Assigned task: Below are entries. Copy exactly the lines running from the line that holds "require-true true e m db h = (refl, h)" to the line that holds "pub other_hands : on", with both ends included.

- - -

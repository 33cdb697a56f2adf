-- ===== src/Evolution/Governance/Access.antt =====
-- evolution/governance.py: who may call the methods that change policy.
use sep.Base.{
  String, ◌≡◌, ◌≢◌, refl, ap, ◌∙◌, Bool, true, false, not, ◌⊎◌, inl, inr, ◌&&◌, ◌||◌, List, [], ◌∷◌,
  arith, ◌==◌, eq_iff,
}
use text.Mathlib.Text.{starts_with}
use sep.Core.Errors.{Error, Result, ok, err, permission_denied, governance_error}
use sep.Core.Security.{Role, Principal, has, has_role, require_role}
use sep.Domain.Policy.{PolicyBundle, CandidateEvent, CandidateState, awaiting_approval}
use sep.Store.Audit.{Body}
use sep.Store.Session.{Exec, ◌>>=◌, ◌>>◌, lift}
use sep.Store.Session.Keeps.{lift-eq-ok, reads-eq-ok}
use sep.Evolution.Governance.State.{Payload, Db, human, state, events, submitter, is_awaiting}
use sep.Evolution.Governance.Methods.{submit, reject, approve, rollback, release, require}

-- The call failed with PermissionDenied and wrote nothing.
abbrev pub Refused : {A : Type 0} → Exec Db A → Db → Type 0
Refused m db = m db ≡ (err permission_denied, db)

require_role-cases :
    (p : Principal) (roles : List Role)
    → (require_role p roles ≡ ok tt) ⊎ (require_role p roles ≡ err permission_denied)
unfolding require_role
require_role-cases p roles = ground arith

-- Both checks of a governance method.
gate-Refused :
    {A : Type 0} (p : Principal) (roles : List Role) (m : Exec Db A) (db : Db)
    → human p ≡ err permission_denied
    → Refused (lift (require_role p roles) >> (lift (human p) >> m)) db
unfolding ◌>>=◌
gate-Refused p roles m db h = elim (require_role-cases p roles) [
  | inl holds ↦ rw holds (rw h)
  | inr lacks ↦ rw lacks
]

pub gate-passed :
    {A : Type 0} (p : Principal) (roles : List Role) (m : Exec Db A) (db : Db) {a : A} {db' : Db}
    → (lift (require_role p roles) >> (lift (human p) >> m)) db ≡ (ok a, db')
    → (require_role p roles ≡ ok tt) × (human p ≡ ok tt) × (m db ≡ (ok a, db'))
gate-passed p roles m db h =
    let (_, role, rest) = lift-eq-ok (require_role p roles) _ db h in
    let (_, person, rest) = lift-eq-ok (human p) _ db rest in (role, person, rest)

-- An agent's principal, or a service account's without the administrator role.
abbrev pub is_machine : Principal → Bool
is_machine p =
    starts_with p.user_id "agent:"
    || has_role Role.service p.roles && not (has_role Role.admin p.roles)

human_refuses : (p : Principal) → is_machine p ≡ true → human p ≡ err permission_denied
unfolding human
human_refuses p h = rw h

human_accepts : (p : Principal) → human p ≡ ok tt → is_machine p ≡ false
unfolding human
human_accepts p h = ground arith

person_suffices : (p : Principal) → is_machine p ≡ false → human p ≡ ok tt
unfolding human
person_suffices p h = rw h

hands : (on : Bool) (a b : String) → (on ≡ true → a ≢ b) → not (on && a == b) ≡ true
hands true a b h = ground (arith, eq_iff a b, h refl)
hands false a b h = refl

different : (on : Bool) (a b : String) → not (on && a == b) ≡ true → on ≡ true → a ≢ b
different on a b h = ground (arith, eq_iff a b)

pub only_awaiting : (s : CandidateState) → is_awaiting s ≡ true → s ≡ awaiting_approval
only_awaiting awaiting_approval h = refl
only_awaiting _ h = ground arith

setting_on : (on : Bool) → ok true ≡ ok on → on ≡ true
setting_on on h = ground arith

module _ (content_hash : Payload → String) (digest : Body → String) where
  -- A principal whose user id begins with "agent:", whatever roles it was given, and a service
  -- account that is not an administrator are refused by `submit`, `reject`, `approve` and
  -- `rollback` with PermissionDenied, and the store is left as it was.
  pub machines-Refused :
      (p : Principal)
      → is_machine p ≡ true
      → (db : Db) (now target note : String) (bundle_ref : String → String)
        (four_eyes : Result Bool)
      → Refused (submit content_hash digest now target p note) db
        × Refused (reject content_hash digest now target p note) db
        × Refused (approve content_hash digest bundle_ref four_eyes now target p note) db
        × Refused (rollback content_hash digest now target p note) db
  unfolding submit reject approve rollback
  machines-Refused p h db now target note bundle_ref four_eyes =
      let refuses = human_refuses p h in
      (
        gate-Refused p (Role.investigator ∷ Role.approver ∷ []) _ db refuses,
        gate-Refused p (Role.approver ∷ []) _ db refuses,
        gate-Refused p (Role.approver ∷ []) _ db refuses,
        gate-Refused p (Role.approver ∷ []) _ db refuses,
      )

  approver_role :
      (p : Principal) → require_role p (Role.approver ∷ []) ≡ ok tt → has p Role.approver ≡ true
  unfolding require_role
  approver_role p h = ground arith

  require-true :
      {A : Type 0} (b : Bool) (e : Error) (m : Exec Db A) (db : Db) {a : A} {db' : Db}
      → (require b e >> m) db ≡ (ok a, db')
      → (b ≡ true) × (m db ≡ (ok a, db'))
  unfolding require ◌>>=◌
  require-true true e m db h = (refl, h)
  require-true false e m db h = ground arith

  -- Everything that an approval which returned had passed.
  pub record Approved (four_eyes : Result Bool) (target : String) (p : Principal) (db : Db)
      : Type 0 where
    pub approver : has p Role.approver ≡ true
    pub person : is_machine p ≡ false
    pub current : CandidateState
    pub at_state : state target db ≡ ok current
    pub awaiting : is_awaiting current ≡ true
    pub history : List CandidateEvent
    pub at_events : events target db ≡ ok history
    pub submitted_by : String
    pub at_submitter : submitter history ≡ ok submitted_by
    pub on : Bool
    pub at_setting : four_eyes ≡ ok on
    pub other_hands : on ≡ true → submitted_by ≢ p.user_id

  pub approve-passed :
      (bundle_ref : String → String) (four_eyes : Result Bool) (now target note : String)
      (p : Principal) (db db' : Db) (b : PolicyBundle)
      → approve content_hash digest bundle_ref four_eyes now target p note db ≡ (ok b, db')
      → Approved four_eyes target p db
        × (release content_hash digest bundle_ref now target p note db ≡ (ok b, db'))
  unfolding approve
  approve-passed bundle_ref four_eyes now target note p db db' b h =
      let (role, person, h) = gate-passed p (Role.approver ∷ []) _ db h in
      let (current, at_state, h) = reads-eq-ok (state target) _ db h in
      let (awaiting, h) = require-true (is_awaiting current) governance_error _ db h in
      let (history, at_events, h) = reads-eq-ok (events target) _ db h in
      let (submitted_by, at_submitter, h) = lift-eq-ok (submitter history) _ db h in
      let (on, at_setting, h) = lift-eq-ok four_eyes _ db h in
      let (other, h) =
        require-true (not (on && submitted_by == p.user_id)) permission_denied _ db h in
      (
        record {
          approver = approver_role p role;
          person = human_accepts p person;
          current = current;
          at_state = at_state;
          awaiting = awaiting;
          history = history;
          at_events = at_events;
          submitted_by = submitted_by;
          at_submitter = at_submitter;
          on = on;
          at_setting = at_setting;
          other_hands = different on submitted_by p.user_id other;
        },
        h,
      )

  role_suffices :
      (p : Principal) → has p Role.approver ≡ true → require_role p (Role.approver ∷ []) ≡ ok tt
  unfolding require_role
  role_suffices p h = rw h

  -- An approval whose checks hold is what `release` does.
  pub approve-runs :
      (bundle_ref : String → String) (four_eyes : Result Bool) (now target note : String)
      (p : Principal) (db : Db)
      → Approved four_eyes target p db
      → approve content_hash digest bundle_ref four_eyes now target p note db
        ≡ release content_hash digest bundle_ref now target p note db
  unfolding approve ◌>>=◌
  approve-runs bundle_ref four_eyes now target note p db a =
      rw
        (
          role_suffices p a.approver,
          person_suffices p a.person,
          a.at_state,
          a.awaiting,
          a.at_events,
          a.at_submitter,
          a.at_setting,
        )
        (rw (hands a.on a.submitted_by p.user_id a.other_hands))

  -- With the four-eyes setting on, an approval that returned was given by a principal with the
  -- approver's role (or the administrator's), whose user id does not begin with "agent:" and who is no
  -- service account or is an administrator as well, for a candidate that was awaiting approval and
  -- whose latest submission is in another user's name.
  pub approve-four_eyes :
      (bundle_ref : String → String) (now target note : String) (p : Principal) (db db' : Db)
      (b : PolicyBundle)
      → approve content_hash digest bundle_ref (ok true) now target p note db ≡ (ok b, db')
      → (history : List CandidateEvent) × (submitted_by : String) × (has p Role.approver ≡ true)
        × (is_machine p ≡ false)
        × (state target db ≡ ok awaiting_approval)
        × (events target db ≡ ok history)
        × (submitter history ≡ ok submitted_by)
        × (submitted_by ≢ p.user_id)
  approve-four_eyes bundle_ref now target note p db db' b h =
      let a = (approve-passed bundle_ref (ok true) now target note p db db' b h).0 in
      (
        a.history,
        a.submitted_by,
        a.approver,
        a.person,
        a.at_state ∙ ap (λ (s : CandidateState). ok s) (only_awaiting a.current a.awaiting),
        a.at_events,
        a.at_submitter,
        a.other_hands (setting_on a.on a.at_setting),
      )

- - -

Answer to the exercise:
  require-true true e m db h = (refl, h)
  require-true false e m db h = ground arith

  -- Everything that an approval which returned had passed.
  pub record Approved (four_eyes : Result Bool) (target : String) (p : Principal) (db : Db)
      : Type 0 where
    pub approver : has p Role.approver ≡ true
    pub person : is_machine p ≡ false
    pub current : CandidateState
    pub at_state : state target db ≡ ok current
    pub awaiting : is_awaiting current ≡ true
    pub history : List CandidateEvent
    pub at_events : events target db ≡ ok history
    pub submitted_by : String
    pub at_submitter : submitter history ≡ ok submitted_by
    pub on : Bool
    pub at_setting : four_eyes ≡ ok on
    pub other_hands : on ≡ true → submitted_by ≢ p.user_id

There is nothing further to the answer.